Таратута вздохнул и пожал плечами:
— А откуда же я достану сто сорок?
— Одолжите. Соберите. Это уж надо быть… я просто не знаю кем, чтоб не суметь в Одессе достать сто сорок рублей. Ну ладно, ну, пожалуйста, доложите девяносто, чтоб у вас было ровно двести пятьдесят. Это как раз на самолет до Вены и на обмен валюты… Договорились?
— Опять двадцать пять за рыбу деньги! — еще нахальнее, чем прежде, сказал Таратута и даже позволил себе язвительную улыбку. — Я уже сказал вам — никаких денег я доставать не намерен. Хотите — доплачивайте за меня, не хотите — не доплачивайте.
— Хорошо, — после паузы, тихо, все еще тяжело дыша, сказал Василий Иванович. — Хорошо! — не своим голосом закричал он в припадке сумасшедшего, отчаянного восторга, с которым бросаются голой грудью на колючую проволоку, с которым прадеды его, прасолы, обжулив хмельного бедолагу, рвали черными пальцами рубаху на потной груди, бросали шапку оземь и топтали ее сапогами. Это второе «хорошо» Захарченко прокричал так громко, что за дверью, в приемном зале, откуда все время доносился глухой и ровный, как из предбанника, гул, наступила мгновенная тишина. — Хорошо! — в третий раз, азартно блестя бессмысленно-прекрасными глазами, сказал Василий Иванович. — Идите собирайтесь. Поезд в Москву отходит в двадцать два пятнадцать. Билеты вам доставят прямо в гостиницу. Завтра, по приезде в Москву, вам следует… Впрочем, я скажу инструктору — он вместе с билетом передаст вам памятную записочку — что, где, когда… Вот и все, до свиданья, идите! — Он сгорбился, обмяк, опустил сразу погасшие глаза и почти попросил: — Идите! Идите, чтоб я вас больше не видел.
Таратута встал, потоптался на месте, оглядел кабинет Василия Ивановича и, вспомнив рассказ месье Раевского, спросил:
— Между прочим, вы не знаете — а что здесь, в вашем помещении, было до революции?

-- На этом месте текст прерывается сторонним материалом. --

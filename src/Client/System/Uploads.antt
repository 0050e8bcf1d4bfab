-- ===== src/Client/System/Uploads.antt =====
-- bin/client: the uploads that run at the same time, with all that the client does beside them.
use gozara.Base.{
  List, Option, ℕ, ◌≡◌, ◌≢◌, String, none, some, ok, Eq, inl, inr, Option-cases, string_eq,
  get_elem?,
}
use gozara.Base.Maps.{lookup}
use gozara.Client.Services.{Services}
use gozara.Client.Bridge.{
  BridgeState, StatusCode, replied, not_found_404, bridge_new, get_status, most_recent,
  status_reply,
}
use gozara.Client.Bridge.Upload.{Upload}
use gozara.Client.Bridge.Server.{server_new, reading, go, end_of_body, answers, turn, serve}
use gozara.Client.Bridge.Server.Entries.{HasEntry, IsExclusive, Keeps-Exclusive, serve-IsExclusive}
use gozara.Client.Bridge.Server.Kept.{IsKept, serve-IsKept, created-IsKept}
use gozara.Client.Bridge.Server.Others.{handle_message-Gentle, get_blob-Gentle}
use gozara.Client.Coordinator.{pipeline_new}
use gozara.Client.System.{
  System, system_new, Step, request, fetch, receive, work, notify, hear, ask, listen, release,
  Reach, here, next,
}

module _ {Hash Tree : Type 0} where
  get_status-found :
      (b : BridgeState Hash Tree) (id : String)
      → HasEntry b.status_map id
      → get_status b id ≢ replied not_found_404 none
  unfolding get_status
  get_status-found b id h = elim (Option-cases (lookup id b.status_map)) [
    | inl absent ↦ absurd (h absent)
    | inr (l, there) ↦ elim (Option-cases (most_recent l)) [
      | inl empty ↦ rw there (rw (empty, status_reply) (λ e. cc))
      | inr (status, last) ↦ rw there (rw (last, status_reply) (λ e. cc))
    ]
  ]

module _ {Hash Tree : Type 0} ⦃hash_eq : Eq Hash⦄ (services : Services Hash Tree)
    (decode : List ℕ → Option ℕ) where
  Step-IsExclusive :
      {s t : System Hash Tree}
      → Step services decode s t
      → IsExclusive s.server
      → IsExclusive t.server
  Step-IsExclusive (request s a fits) h = serve-IsExclusive services s.server a h
  Step-IsExclusive (fetch s id now r b' e) h =
      Keeps-Exclusive s.server.bridge.status_map b'.status_map _
        (get_blob-Gentle services s.server.bridge b' id now r e).1 h
  Step-IsExclusive (receive s now m rest p' waiting e) h = h
  Step-IsExclusive (work s now e p' none' e') h = h
  Step-IsExclusive (notify s now m rest waiting) h =
      Keeps-Exclusive s.server.bridge.status_map _ _ (handle_message-Gentle s.server.bridge now m).1
        h
  Step-IsExclusive (hear s now m rest p' waiting e) h = h
  Step-IsExclusive (ask s m rest waiting) h = h
  Step-IsExclusive (listen s e swarm' own e') h = h
  Step-IsExclusive (release s) h = h

  -- In every state that the bridge, the coordinator and the swarm task reach from their start,
  -- the uploads that run at the same time have different validated ids, and the entry of each
  -- is in the status map.
  pub Reach-IsExclusive :
      {s : System Hash Tree} → Reach services decode system_new s → IsExclusive s.server
  unfolding system_new server_new bridge_new pipeline_new
  Reach-IsExclusive here = (tt, tt)
  Reach-IsExclusive (next r st) = Step-IsExclusive st (Reach-IsExclusive r)

  Step-IsKept :
      {s t : System Hash Tree}
      → Step services decode s t
      → (id : String) → IsKept s.server id
      → IsKept t.server id
  Step-IsKept (request s a fits) id h = serve-IsKept services s.server a id h
  Step-IsKept (fetch s i now r b' e) id h =
      ((get_blob-Gentle services s.server.bridge b' i now r e).1 id h.0, h.1)
  Step-IsKept (receive s now m rest p' waiting e) id h = h
  Step-IsKept (work s now e p' none' e') id h = h
  Step-IsKept (notify s now m rest waiting) id h =
      ((handle_message-Gentle s.server.bridge now m).1 id h.0, h.1)
  Step-IsKept (hear s now m rest p' waiting e) id h = h
  Step-IsKept (ask s m rest waiting) id h = h
  Step-IsKept (listen s e swarm' own e') id h = h
  Step-IsKept (release s) id h = h

  Reach-IsKept :
      {s t : System Hash Tree}
      → Reach services decode s t
      → (id : String) → IsKept s.server id
      → IsKept t.server id
  Reach-IsKept here id h = h
  Reach-IsKept (next r st) id h = Step-IsKept st id (Reach-IsKept r id h)

  -- An upload that ends with success, in any state that the bridge, the coordinator and the
  -- swarm task reach from their start, leaves its entry for good: in every state that is
  -- reached from there, whatever other uploads do under the same or other ids, `get_status`
  -- does not answer `404` under its validated id.
  pub created-found :
      (s t : System Hash Tree) (i : ℕ) (u : Upload Hash) (b' : BridgeState Hash Tree)
      (answer : StatusCode × String)
      → Reach services decode system_new s
      → get_elem? s.server.requests i ≡ some (reading u)
      → turn services s.server.bridge (reading u) end_of_body ≡ answers b' (ok answer)
      → Reach services decode (record s { server = serve services s.server (go i end_of_body) }) t
      → get_status t.server.bridge u.validated_id ≢ replied not_found_404 none
  created-found s t i u b' answer reached at_i created later =
      get_status-found t.server.bridge u.validated_id
        (Reach-IsKept later u.validated_id (
          created-IsKept services s.server i u b' answer (Reach-IsExclusive reached) at_i
            created)).0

Не поднимая глаз, Василий Иванович Захарченко ответил скорбно и глухо:
— Здесь — был всегда сумасшедший дом!
Итак, он уезжает.
И это не придремалось, не причудилось, не пригрезилось. Дальняя дорога, как Валя-часовщик, перешла из сна в явь, и вот она лежала на столе в конверте — дальняя дорога, шестерочка пиковая, билет на скорый поезд Одесса — Москва, отправление третьего октября, в двадцать два пятнадцать, пятый купейный вагон, место одиннадцатое, нижнее.
И вещи, уже готовые тронуться в путь, стояли рядком на незастеленной постели — чемодан, перехваченный ремнем, вещевой мешок и авоська, нейлоновые ручки которой Таратута благовидно обмотал и стянул носовым платком.
«Без авоськи — ни шагу! — подумал он. — Еще ни один советский человек, сколько бы чемоданов он с собою ни вез, не сумел обойтись без авоськи!»
Билет на поезд вместе с памятной запиской, составленной инструктором ОВИРа, принесли ему в гостиницу уже в полдень.
На то, чтобы уложить вещи, понадобился час, — он, кстати, большую часть этого времени потратил на то, чтобы хоть как-то замести следы вчерашней вальпургиевой ночи и разыскать под креслами и диваном раскатившиеся с опрокинутой доски шахматные фигурки. Одну белую пешку он так и не нашел. Жаль пешку! Прощай, пешка!